In my quest to broaden my painting ability and products offered I would like to add a Latex Trim pait to my arsenal. I am a single worker and do trim only and 99% BM Dulamel and Satin Impervo (Oil). I have tried the Latex Satin Impervo and even with Floetrol I still have very fine brush strokes. Is the AquaGlo is similar or better than the Satin Impervo?


----------



## The paint whisperer (Oct 18, 2007)

I never try Aquaglo, so i don't know. 
I am sure they are guys on here that can help you.
Good luck.


----------



## dincao (Oct 25, 2007)

If your spraying both products they look great... the aqua-glo sheen level is different but i think it levels better then waterbourne satin impervo...In my opinion the results w/ latex brushed and w/ extenders never looks as good as oil-based....


----------



## slickshift (Apr 8, 2007)

They are different animals

The Waterborne Impervo is an enamel
The Regal Semi-Gloss is not

The Waterborne Satin Impervo was meant to be a water-based replacement for the oil Satin Impervo (and Dulamel)

The Regal Semi-gloss was formulated on it's own

IMO, the enamels make great trim paint, whereas the Regal Semi-gloss make a better wall paint, and that's what I consider it
It's not that I won't use it as a trim paint if someone insists (on a latex semi-gloss), it's just that for trim I recommend the enamels

The waterborne Impervo does not care for over-brushing, whereas the Regal Semi-gloss will tolerate it more

When brushing, you will always get some brush marks
Personally and professionally, I prefer it that way
It shows it was done by hand the old fashioned way and not powder-coated and/or baked in an electrostatic oven or something
If one wants no brush marks at all there's always that pre-colored PVC molding


----------



## stansoph (Dec 16, 2007)

The brush marks are very similar to the grooves on a record (vinyl) very fine. Is this similar to what you guys are getting, or are you smoother?
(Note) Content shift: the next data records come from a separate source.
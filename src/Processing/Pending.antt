-- ===== src/Processing/Pending.antt =====
-- indexer-lib/src/database/processing/pending_sender_resolution.rs
use local_rusty_indexer_poc.Prelude.{
  ℕ, ◌-◌, Bool, Option, none, some, List, [], ◌∷◌, ◌++◌, map, length, is_empty, set, not, leb, ◌==◌,
  if◌then◌else◌, Result, ok, err, ◌>>=◌, invalid_partition, invalid_key_length, panicked,
}
use local_rusty_indexer_poc.Bytes.{Bytes}
use local_rusty_indexer_poc.Bytes.Endian.{to_be_bytes, from_be_bytes}
use local_rusty_indexer_poc.Store.{Fjall, Entry}
use local_rusty_indexer_poc.Store.Scan.{remove_all}
use local_rusty_indexer_poc.Keys.{
  HandshakeKeyForResolution, ContextualMessageKeyForResolution, PaymentKeyForResolution,
  handshake_bytes, contextual_bytes, payment_bytes, handshake_from_bytes, contextual_from_bytes,
  payment_from_bytes, SenderResolutionLikeKey, handshake_key, contextual_message_key, payment_key,
}
use local_rusty_indexer_poc.Keys.Layout.{slice, byte_at, join}
use local_rusty_indexer_poc.Processing.{
  PartitionId, as_u8, handshake_by_sender, contextual_message_by_sender, payment_by_sender,
  message_partition,
}

pub record PendingResolutionKey : Type 0 where
  pub accepting_daa_score : Bytes
  pub tx_id : Bytes
  pub partition_type : ℕ

unfoldable pub pending_key_bytes : PendingResolutionKey → Bytes
pending_key_bytes k = join (k.accepting_daa_score ∷ k.tx_id ∷ (k.partition_type ∷ []) ∷ [])

-- the struct of 41 bytes
abbrev pub pending_key_of : Bytes → PendingResolutionKey
pending_key_of b = record {
  accepting_daa_score = slice 0 8 b;
  tx_id = slice 8 32 b;
  partition_type = byte_at 40 b;
}

abbrev pub pending_key : ℕ → Bytes → PartitionId → PendingResolutionKey
pending_key daa tx_id p = record {
  accepting_daa_score = to_be_bytes 8 daa;
  tx_id = tx_id;
  partition_type = as_u8 p;
}

-- the first 40 bytes of a key: the score and the id
abbrev pub tx_prefix : ℕ → Bytes → Bytes
tx_prefix daa tx_id = to_be_bytes 8 daa ++ tx_id

pub record PendingSenderResolution : Type 0 where
  pub accepting_daa_score : ℕ
  pub tx_id : Bytes
  pub partition_type : PartitionId
  pub like_key : SenderResolutionLikeKey

-- the view of a stored value; the view of a handshake checks its length
unfoldable pub like_key_of : PartitionId → Bytes → Result SenderResolutionLikeKey
like_key_of handshake_by_sender v = if length v == 108 then ok (handshake_key v) else err panicked
like_key_of contextual_message_by_sender v = ok (contextual_message_key v)
like_key_of payment_by_sender v = ok (payment_key v)
like_key_of _ v = err invalid_partition

-- one round of the collecting loop of `remove_pending`, on a key of 41 bytes
unfoldable pub pending_entry : Entry → Result (PartitionId × SenderResolutionLikeKey)
unfolding message_partition like_key_of
pending_entry (key, value) = do
  partition_type ← message_partition (byte_at 40 key)
  like_key ← like_key_of partition_type value
  ok (partition_type, like_key)

-- the collecting loop: keys of another length are passed over
unfoldable pub collect :
    List Entry → Result (List PendingResolutionKey × List (PartitionId × SenderResolutionLikeKey))
unfolding pending_entry
collect [] = ok ([], [])
collect ((key, value) ∷ items) =
    let rest = collect items in
    if length key == 41
    then (do
      result ← pending_entry (key, value)
      (keys, results) ← rest
      ok (pending_key_of key ∷ keys, result ∷ results))
    else rest

-- `keys_to_process` of `decrement_attempt_counts_by_transaction`
unfoldable pub collect_keys : List Entry → List PendingResolutionKey
collect_keys [] = []
collect_keys ((key, value) ∷ items) =
    if length key == 41 then pending_key_of key ∷ collect_keys items else collect_keys items

-- the attempt count that a view reads
unfoldable pub attempt_count : SenderResolutionLikeKey → Result ℕ
attempt_count (handshake_key b) = do key ← handshake_from_bytes b; ok key.attempt_count
attempt_count (contextual_message_key b) = do key ← contextual_from_bytes b; ok key.attempt_count
attempt_count (payment_key b) = do key ← payment_from_bytes b; ok key.attempt_count

-- the write of the new count, at the offset of the field
unfoldable pub set_attempt_count : PartitionId → Bytes → ℕ → Option Bytes
set_attempt_count handshake_by_sender v n = some (if leb 108 (length v) then set v 107 n else v)
set_attempt_count contextual_message_by_sender v n =
    some (if leb 90 (length v) then set v 89 n else v)
set_attempt_count payment_by_sender v n = some (if leb 108 (length v) then set v 107 n else v)
set_attempt_count _ v n = none

-- the closure of the decrement on a value that is there: the new value, and the entry that it
-- gives up on
unfoldable pub decremented :
    PartitionId → Bytes → Result (Option Bytes × Option (PartitionId × SenderResolutionLikeKey))
unfolding like_key_of attempt_count set_attempt_count
decremented p v = do
  current_like_key ← like_key_of p v
  count ← attempt_count current_like_key
  let new_attempt_count = count - 1
  (if new_attempt_count == 0
      then ok (none, some (p, current_like_key))
      else ok (set_attempt_count p v new_attempt_count, none))

-- the closure of `get_all_pending`
unfoldable pub decode_pending : Entry → Result PendingSenderResolution
unfolding pending_entry
decode_pending (key, value) =
    if length key == 41
    then (do
      (partition_type, like_key) ← pending_entry (key, value)
      ok (record {
        accepting_daa_score = from_be_bytes (slice 0 8 key);
        tx_id = slice 8 32 key;
        partition_type = partition_type;
        like_key = like_key;
      }))
    else err invalid_key_length

unfoldable pub decode_pending_key : Bytes → Result PendingResolutionKey
decode_pending_key key =
    if length key == 41 then ok (pending_key_of key) else err invalid_key_length

abbrev some_to_list {ℓ} : {A : Type ℓ} → Option A → List A
some_to_list none = []
some_to_list (some a) = a ∷ []

module _ (db : Fjall) where
  open db use {Tree, get, insert, remove, iter, prefix, fetch_update}

  unfoldable pub mark_handshake_pending : Tree → ℕ → Bytes → HandshakeKeyForResolution → Tree
  mark_handshake_pending t accepting_daa_score tx_id key =
      insert t (pending_key_bytes (pending_key accepting_daa_score tx_id handshake_by_sender))
        (handshake_bytes key)

  unfoldable pub mark_contextual_message_pending :
      Tree → ℕ → Bytes → ContextualMessageKeyForResolution → Tree
  mark_contextual_message_pending t accepting_daa_score tx_id key =
      insert t
        (pending_key_bytes (pending_key accepting_daa_score tx_id contextual_message_by_sender))
        (contextual_bytes key)

  unfoldable pub mark_payment_pending : Tree → ℕ → Bytes → PaymentKeyForResolution → Tree
  mark_payment_pending t accepting_daa_score tx_id key =
      insert t (pending_key_bytes (pending_key accepting_daa_score tx_id payment_by_sender))
        (payment_bytes key)

  unfoldable pub remove_pending :
      Tree → ℕ → Bytes → Result (List (PartitionId × SenderResolutionLikeKey) × Tree)
  unfolding collect
  remove_pending t accepting_daa_score tx_id = do
    (keys_to_remove, results) ← collect (prefix t (tx_prefix accepting_daa_score tx_id))
    ok (results, remove_all db t (map pending_key_bytes keys_to_remove))

  unfoldable pub get_all_pending : Tree → List (Result PendingSenderResolution)
  unfolding decode_pending
  get_all_pending t = map decode_pending (iter t)

  unfoldable pub get_all_pending_keys : Tree → List (Result PendingResolutionKey)
  unfolding decode_pending_key
  get_all_pending_keys t = map (λ (e : Entry). decode_pending_key e.0) (iter t)

  unfoldable pub has_pending : Tree → ℕ → Bytes → Bool
  has_pending t accepting_daa_score tx_id =
      not (is_empty (prefix t (tx_prefix accepting_daa_score tx_id)))

  -- one key: what the closure gives up on, and the tree after `fetch_update`
  unfoldable pub decrement_entry :
      Tree → PendingResolutionKey → Result (Option (PartitionId × SenderResolutionLikeKey) × Tree)
  unfolding message_partition decremented
  decrement_entry t key = elim (message_partition key.partition_type) [
    | err _ ↦ ok (none, t)
    | ok p ↦ elim (get t (pending_key_bytes key)) [
      | none ↦ ok (none, (fetch_update t (pending_key_bytes key) (λ _. none)).1)
      | some v ↦ do
        (value, removed) ← decremented p v
        ok (removed, (fetch_update t (pending_key_bytes key) (λ _. value)).1)
    ]
  ]

  unfoldable pub decrement_entries :
      Tree
      → List PendingResolutionKey
      → Result (List (PartitionId × SenderResolutionLikeKey) × Tree)
  unfolding decrement_entry
  decrement_entries t [] = ok ([], t)
  decrement_entries t (key ∷ keys) = do
    (removed, t') ← decrement_entry t key
    (rest, t'') ← decrement_entries t' keys
    ok (some_to_list removed ++ rest, t'')

  unfoldable pub decrement_attempt_counts_by_transaction :
      Tree → ℕ → Bytes → Result (List (PartitionId × SenderResolutionLikeKey) × Tree)
  unfolding collect_keys decrement_entries
  decrement_attempt_counts_by_transaction t accepting_daa_score tx_id =
      decrement_entries t (collect_keys (prefix t (tx_prefix accepting_daa_score tx_id)))
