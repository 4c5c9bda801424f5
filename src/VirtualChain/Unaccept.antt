-- ===== src/VirtualChain/Unaccept.antt =====
-- `handle_chain_block_removal` of indexer-lib/src/virtual_chain_processor.rs. `rtx` is the snapshot
-- that `handle_vcc` opens first, and `wtx` the keyspace as its write transaction sees it.
use local_rusty_indexer_poc.Prelude.{
  ℕ, Option, none, some, List, replicate, Result, ok, ◌>>=◌, for_each, for_each_ok,
}
use local_rusty_indexer_poc.Bytes.{Bytes}
use local_rusty_indexer_poc.Keys.Layout.{byte_at}
use local_rusty_indexer_poc.Headers.Compact
use local_rusty_indexer_poc.Processing.Acceptance as TxAcceptance
use local_rusty_indexer_poc.Processing.Acceptance.{
  AcceptingBlockResolutionData, handshake_key, contextual_message_key, payment_key, no_data,
}
use local_rusty_indexer_poc.Processing.AcceptingBlock
use local_rusty_indexer_poc.Processing.TxIds
use local_rusty_indexer_poc.Processing.UnknownTx
use local_rusty_indexer_poc.Processing.UnknownDaa
use local_rusty_indexer_poc.Processing.Pending
use local_rusty_indexer_poc.Store.{Fjall}
use local_rusty_indexer_poc.Keyspace.{Keyspace}

module _ (db : Fjall) where
  -- the body of the inner loop of `handle_chain_block_removal`
  unfoldable pub unaccept :
      Bytes
      → Option ℕ
      → Bytes
      → Bytes × AcceptingBlockResolutionData
      → Keyspace db
      → Result (Keyspace db)
  unaccept removed_block_hash daa tx_id (key, value) wtx = do
    let acceptance =
        TxAcceptance.insert_wtx db (TxAcceptance.remove_key db wtx.tx_id_to_acceptance key)
          (record {
            tx_id = tx_id;
            accepted_at_daa = replicate 8 0;
            accepted_by_block_hash = replicate 32 0;
            partition_id = byte_at 72 key;
          })
          value
    (_, unknown_daa) ←
        UnknownDaa.remove_by_accepting_block_hash db wtx.unknown_accepting_daa removed_block_hash
    (_, unknown) ← UnknownTx.remove_by_accepting_block_hash db wtx.unknown_tx removed_block_hash
    let wtx' = record wtx {
      tx_id_to_acceptance = acceptance;
      unknown_accepting_daa = unknown_daa;
      unknown_tx = unknown;
    }
    elim daa [
      | none ↦ ok wtx'
      | some score ↦ do
        (_, pending) ← Pending.remove_pending db wtx.pending_sender_resolution score tx_id
        ok (record wtx' { pending_sender_resolution = pending })
    ]

  -- the loop over the ids that the removed block had accepted
  unfoldable pub unaccept_all :
      Keyspace db → Bytes → Option ℕ → List Bytes → Keyspace db → Result (Keyspace db)
  unfolding unaccept
  unaccept_all rtx removed_block_hash daa tx_ids wtx =
      for_each
        (λ tx_id.
          for_each_ok (unaccept removed_block_hash daa tx_id)
            (TxAcceptance.get_by_tx_id db rtx.tx_id_to_acceptance tx_id))
        tx_ids wtx

  unfoldable pub handle_chain_block_removal :
      Keyspace db → Bytes → Keyspace db → Result (Keyspace db)
  unfolding unaccept_all
  handle_chain_block_removal rtx removed_block_hash wtx = do
    (old, accepting) ← AcceptingBlock.remove_wtx db wtx.acceptance_to_tx_id removed_block_hash
    let wtx' = record wtx { acceptance_to_tx_id = accepting }
    elim old [
      | none ↦ ok wtx'
      | some ids ↦ do
        daa ← Compact.get_daa_score db rtx.block_compact_header removed_block_hash
        unaccept_all rtx removed_block_hash daa (TxIds.as_tx_ids ids) wtx'
    ]
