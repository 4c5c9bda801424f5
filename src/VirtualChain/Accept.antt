-- ===== src/VirtualChain/Accept.antt =====
-- `handle_accepted_block` of indexer-lib/src/virtual_chain_processor.rs
use local_rusty_indexer_poc.Prelude.{
  ℕ, Bool, true, false, not, Option, none, some, List, [], ◌∷◌, retain, ◌==◌, if◌then◌else◌, Result,
  ok, err, ◌>>=◌, for_each, for_each_ok, panicked, ◌++◌, ◌>>◌,
}
use local_rusty_indexer_poc.Bytes.{Bytes, ◌=ᵇ◌}
use local_rusty_indexer_poc.Keys.{handshake_from_bytes, contextual_from_bytes, payment_from_bytes}
use local_rusty_indexer_poc.Keys.Layout.{slice, byte_at}
use local_rusty_indexer_poc.Headers.Compact
use local_rusty_indexer_poc.Processing.{
  as_u8, handshake_by_sender, contextual_message_by_sender, payment_by_sender,
}
use local_rusty_indexer_poc.Processing.Acceptance as TxAcceptance
use local_rusty_indexer_poc.Processing.Acceptance.{
  AcceptingBlockResolutionData, handshake_key, contextual_message_key, payment_key, no_data,
}
use local_rusty_indexer_poc.Processing.AcceptingBlock
use local_rusty_indexer_poc.Processing.Skip
use local_rusty_indexer_poc.Processing.UnknownTx
use local_rusty_indexer_poc.Processing.UnknownDaa
use local_rusty_indexer_poc.Processing.Pending
use local_rusty_indexer_poc.Store.{Fjall}
use local_rusty_indexer_poc.Keyspace.{Keyspace}

-- `RpcAcceptedTransactionIds`
pub record AcceptedTransactionIds : Type 0 where
  pub accepting_block_hash : Bytes
  pub accepted_transaction_ids : List Bytes

-- the variables that the loops of `handle_accepted_block` change
pub record Accepting (db : Fjall) : Type 0 where
  pub wtx : Keyspace db
  pub entries : Bytes
  pub unknown_tx_ids : List Bytes
  pub is_required : Bool

-- `assert!(…)`
abbrev pub assert : Bool → Result (Unit {0})
assert true = ok tt
assert false = err panicked

module _ (db : Fjall) where
  -- the arms of the `match` on the resolution data
  unfoldable pub accept_data :
      Bytes
      → Option ℕ
      → Bytes
      → Bytes
      → AcceptingBlockResolutionData
      → Accepting db
      → Result (Accepting db)
  unfolding handshake_from_bytes contextual_from_bytes payment_from_bytes
  accept_data hash daa tx_id key (handshake_key b) s = do
    assert (byte_at 72 key == as_u8 handshake_by_sender)
    hk ← handshake_from_bytes b
    let acceptance =
        TxAcceptance.insert_handshake_wtx db
          (TxAcceptance.remove_key db s.wtx.tx_id_to_acceptance key) (slice 0 32 key) hk daa
          (some hash)
    let wtx' = record s.wtx { tx_id_to_acceptance = acceptance }
    elim daa [
      | some score ↦ ok (record s {
        wtx = record wtx' {
          pending_sender_resolution =
              Pending.mark_handshake_pending db wtx'.pending_sender_resolution score
                (slice 0 32 key) hk;
        };
      })
      | none ↦ ok (record s { wtx = wtx'; entries = UnknownDaa.push_handshake s.entries tx_id hk })
    ]
  accept_data hash daa tx_id key (contextual_message_key b) s = do
    assert (byte_at 72 key == as_u8 contextual_message_by_sender)
    cmk ← contextual_from_bytes b
    let acceptance =
        TxAcceptance.insert_contextual_message_wtx db
          (TxAcceptance.remove_key db s.wtx.tx_id_to_acceptance key) (slice 0 32 key) cmk daa
          (some hash)
    let wtx' = record s.wtx { tx_id_to_acceptance = acceptance }
    elim daa [
      | some score ↦ ok (record s {
        wtx = record wtx' {
          pending_sender_resolution =
              Pending.mark_contextual_message_pending db wtx'.pending_sender_resolution score
                (slice 0 32 key) cmk;
        };
      })
      | none ↦ ok (record s {
        wtx = wtx';
        entries = UnknownDaa.push_contextual_message s.entries (slice 0 32 key) cmk;
      })
    ]
  accept_data hash daa tx_id key (payment_key b) s = do
    assert (byte_at 72 key == as_u8 payment_by_sender)
    pmk ← payment_from_bytes b
    let acceptance =
        TxAcceptance.insert_payment_wtx db
          (TxAcceptance.remove_key db s.wtx.tx_id_to_acceptance key) (slice 0 32 key) pmk daa
          (some hash)
    let wtx' = record s.wtx { tx_id_to_acceptance = acceptance }
    elim daa [
      | some score ↦ ok (record s {
        wtx = record wtx' {
          pending_sender_resolution =
              Pending.mark_payment_pending db wtx'.pending_sender_resolution score (slice 0 32 key)
                pmk;
        };
      })
      | none ↦ ok (record s {
        wtx = wtx';
        entries = UnknownDaa.push_payment s.entries (slice 0 32 key) pmk;
      })
    ]
  accept_data hash daa tx_id key no_data s = ok s

  -- the body of the inner loop of `handle_accepted_block`
  unfoldable pub accept_entry :
      Bytes
      → Option ℕ
      → Bytes
      → Bytes × AcceptingBlockResolutionData
      → Accepting db
      → Result (Accepting db)
  unfolding accept_data
  accept_entry hash daa tx_id (key, resolution) s = do
    assert (tx_id =ᵇ slice 0 32 key)
    accept_data hash daa tx_id key resolution (record s { is_required = true })

  -- the body of the outer loop: an id with no entry at all is unknown
  unfoldable pub accept_tx :
      Keyspace db → Bytes → Option ℕ → Bytes → Accepting db → Result (Accepting db)
  unfolding accept_entry
  accept_tx rtx hash daa tx_id s = do
    s' ←
        for_each_ok (accept_entry hash daa tx_id)
          (TxAcceptance.get_by_tx_id db rtx.tx_id_to_acceptance tx_id)
          (record s { is_required = false })
    ok (
        if s'.is_required
        then s'
        else record s' { unknown_tx_ids = s'.unknown_tx_ids ++ tx_id ∷ [] })

  -- what follows the loops
  unfoldable pub finish_accepting :
      Bytes → Option ℕ → List Bytes → Accepting db → Result (Keyspace db)
  finish_accepting hash daa filtered s = do
    waiting ← elim daa [
      | none ↦ ok (UnknownDaa.insert_wtx db s.wtx.unknown_accepting_daa hash s.entries)
      | some _ ↦ do assert (UnknownDaa.entries_is_empty s.entries); ok s.wtx.unknown_accepting_daa
    ]
    ok (record s.wtx {
      unknown_accepting_daa = waiting;
      acceptance_to_tx_id = AcceptingBlock.insert_wtx db s.wtx.acceptance_to_tx_id hash filtered;
      unknown_tx = UnknownTx.insert_wtx db s.wtx.unknown_tx hash s.unknown_tx_ids;
    })

  -- the ids that are not marked to skip, in order
  unfoldable pub not_skipped : Keyspace db → List Bytes → List Bytes
  not_skipped rtx tx_ids = retain (λ tx_id. not (Skip.should_skip db rtx.skip_tx tx_id)) tx_ids

  unfoldable pub handle_accepted_block :
      ℕ → Keyspace db → AcceptedTransactionIds → Keyspace db → Result (Keyspace db)
  unfolding accept_tx finish_accepting not_skipped
  handle_accepted_block attempts rtx accepted wtx = do
    let hash = accepted.accepting_block_hash
    daa ← Compact.get_daa_score db rtx.block_compact_header hash
    let filtered = not_skipped rtx accepted.accepted_transaction_ids
    s ← for_each (accept_tx rtx hash daa) filtered (record {
      wtx = wtx;
      entries = UnknownDaa.new_entries attempts;
      unknown_tx_ids = [];
      is_required = false;
    })
    finish_accepting hash daa filtered s
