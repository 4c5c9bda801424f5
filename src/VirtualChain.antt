-- ===== src/VirtualChain.antt =====
-- indexer-lib/src/virtual_chain_processor.rs: what a change of the virtual chain does to the
-- partitions.
pub mod Unaccept
pub mod Accept
pub mod Removal
pub mod Visits
pub mod Acceptance
pub mod Worker
use local_rusty_indexer_poc.Prelude.{
  ℕ, Bool, true, false, not, Option, none, some, List, [], ◌∷◌, map, is_empty, last?, retain,
  replicate, ◌==◌, if◌then◌else◌, Result, ok, err, ◌>>=◌, for_each, for_each_ok, panicked, or_fail,
  ◌++◌, ◌>>◌,
}
use local_rusty_indexer_poc.Bytes.{Bytes, ◌=ᵇ◌}
use local_rusty_indexer_poc.Keys.{handshake_from_bytes, contextual_from_bytes, payment_from_bytes}
use local_rusty_indexer_poc.Keys.Layout.{slice, byte_at}
use local_rusty_indexer_poc.Metadata
use local_rusty_indexer_poc.Headers.Compact
use local_rusty_indexer_poc.Processing.{
  as_u8, handshake_by_sender, contextual_message_by_sender, payment_by_sender,
}
use local_rusty_indexer_poc.Processing.Acceptance as TxAcceptance
use local_rusty_indexer_poc.Processing.Acceptance.{
  AcceptingBlockResolutionData, handshake_key, contextual_message_key, payment_key, no_data,
}
use local_rusty_indexer_poc.Processing.AcceptingBlock
use local_rusty_indexer_poc.Processing.Skip
use local_rusty_indexer_poc.Processing.TxIds
use local_rusty_indexer_poc.Processing.UnknownTx
use local_rusty_indexer_poc.Processing.UnknownDaa
use local_rusty_indexer_poc.Processing.Pending
use local_rusty_indexer_poc.Store.{Fjall}
use Unaccept.{handle_chain_block_removal}
use Accept.{AcceptedTransactionIds, handle_accepted_block}
use local_rusty_indexer_poc.Keyspace.{Keyspace, commit}

pub record VirtualChainChangedNotification : Type 0 where
  pub removed_chain_block_hashes : List Bytes
  pub added_chain_block_hashes : List Bytes
  pub accepted_transaction_ids : List AcceptedTransactionIds

pub record VirtualChainChangedNotificationAndBlueWork : Type 0 where
  pub vcc : VirtualChainChangedNotification
  pub last_block_blue_work : ℕ
  pub last_daa_score : ℕ

module _ (db : Fjall) where
  -- `lost` says whether the commit meets a conflict
  unfoldable pub handle_vcc :
      ℕ → Bool → VirtualChainChangedNotificationAndBlueWork → Keyspace db → Result (Keyspace db)
  unfolding handle_chain_block_removal handle_accepted_block commit
  handle_vcc attempts lost n ks = if is_empty n.vcc.added_chain_block_hashes then ok ks else (do
    let rtx = ks
    removed ← for_each (handle_chain_block_removal db rtx) n.vcc.removed_chain_block_hashes ks
    accepted ←
        for_each (handle_accepted_block db attempts rtx) n.vcc.accepted_transaction_ids removed
    last_block ← or_fail (last? n.vcc.added_chain_block_hashes) panicked
    let cursor = Metadata.set_latest_accepting_block_cursor db accepted.metadata (record {
      daa_score = n.last_daa_score;
      blue_work = n.last_block_blue_work;
      hash = last_block;
    })
    commit lost (record accepted { metadata = cursor }))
I am going to test the AquaGlo and Impervo side by side when I get a chance; hopefully in the next few days.


----------



## plainpainter (Nov 6, 2007)

Most guys I know use aquaglo for trim - I don't like it - I don't think it covers well - but I think it's brushability has improved with the latest reformulation to 100% acrylic. Never liked the waterbourne satin impervo - always tons of brush marks no matter what I did - and drippy as all hell. Why not go with Muralo Ultra semigloss? IT's true that waterbourne satin impervo resins dry harder than aquaglo - if you ever try sanding aquaglo down - it's like trying to sand rubber bands!


----------



## stansoph (Dec 16, 2007)

I am near Seattle and there is not a Muralo dealer in the state. I brushed a flat door with some AquaGlo earlier and it came out okay. I utilized the "brush it, don't touch it" style. I am going to sand and second coat in the a.m.


----------



## slickshift (Apr 8, 2007)

stansoph said:


> The brush marks are very similar to the grooves on a record (vinyl) very fine....


Huh...what's a record?


----------



## slickshift (Apr 8, 2007)

...just kidding!

What brush are you using?


----------



## stansoph (Dec 16, 2007)

slickshift said:


> ...just kidding!
> 
> What brush are you using?


I used a Purdy Nylox Sprig.


----------



## slickshift (Apr 8, 2007)

stansoph said:


> I used a Purdy Nylox Sprig.


Huh...never heard of that one, sorry...don't know if that's a good one for what you are doing or not
Maybe there's another Purdy painter around who would know...


----------



## Bushdude (Apr 17, 2007)

I know someone who got a Chia Pet for Christmas once, years ago!


----------



## stansoph (Dec 16, 2007)

The BM site says the Semi-Gloss aka Aquaglo is an enamel nd states one of its uses as trim pait. Is the enamel a misnomer? Does the enamel name mean that it will harden better than others in their line? Is this just a wallpaint that people use on trim? I lie it better than the Satin Impervo latex.as far as brushstrkes and ease of use; I just don't want to use a product that is infrior.


----------



## plainpainter (Nov 6, 2007)

There is old meaning of 'enamels' and there is a newer meaning of 'enamel'. The old meaning of enamel was tinted varnishes - or what would be called high gloss oil paint - they fulfilled the dictionary definition of being hard and shiny. I think the newer term of enamels - is in part something that is shiny, thus ben moore referring to even their 'pearl' paints as enamels. But more importantly with all these waterborne finishes - the distinction I believe has more to do with paint companies choosing resins that dry harder. If you ever felt either C2's or Grahams' semigloss - it dries hard like an oil trim paint. And that is where I think people are making the distinction - Waterbourne satin impervo is a harder drying resin, where as the aquaglo is a softer more traditional 'latex' like resin - that is more soft and able to deal with expansion and contraction better. Now you would think since aquaglo has been reformulated to be 

But to be honest in the strictest definitions, nothing made these days is a 'true' enamel, unless you are using oil based paints.


----------



## stansoph (Dec 16, 2007)

You would think with the term enamel in its name the AquaGlo would dry harder than regular wall paint. I do now that I like the workability of the AquaGlo over the Impervo but don't want to sacrifice durability.


----------



## DW Custom Painting (Feb 17, 2008)

stansoph said:


> I am near Seattle and there is not a Muralo dealer in the state. I brushed a flat door with some AquaGlo earlier and it came out okay. I utilized the "brush it, don't touch it" style. I am going to sand and second coat in the a.m.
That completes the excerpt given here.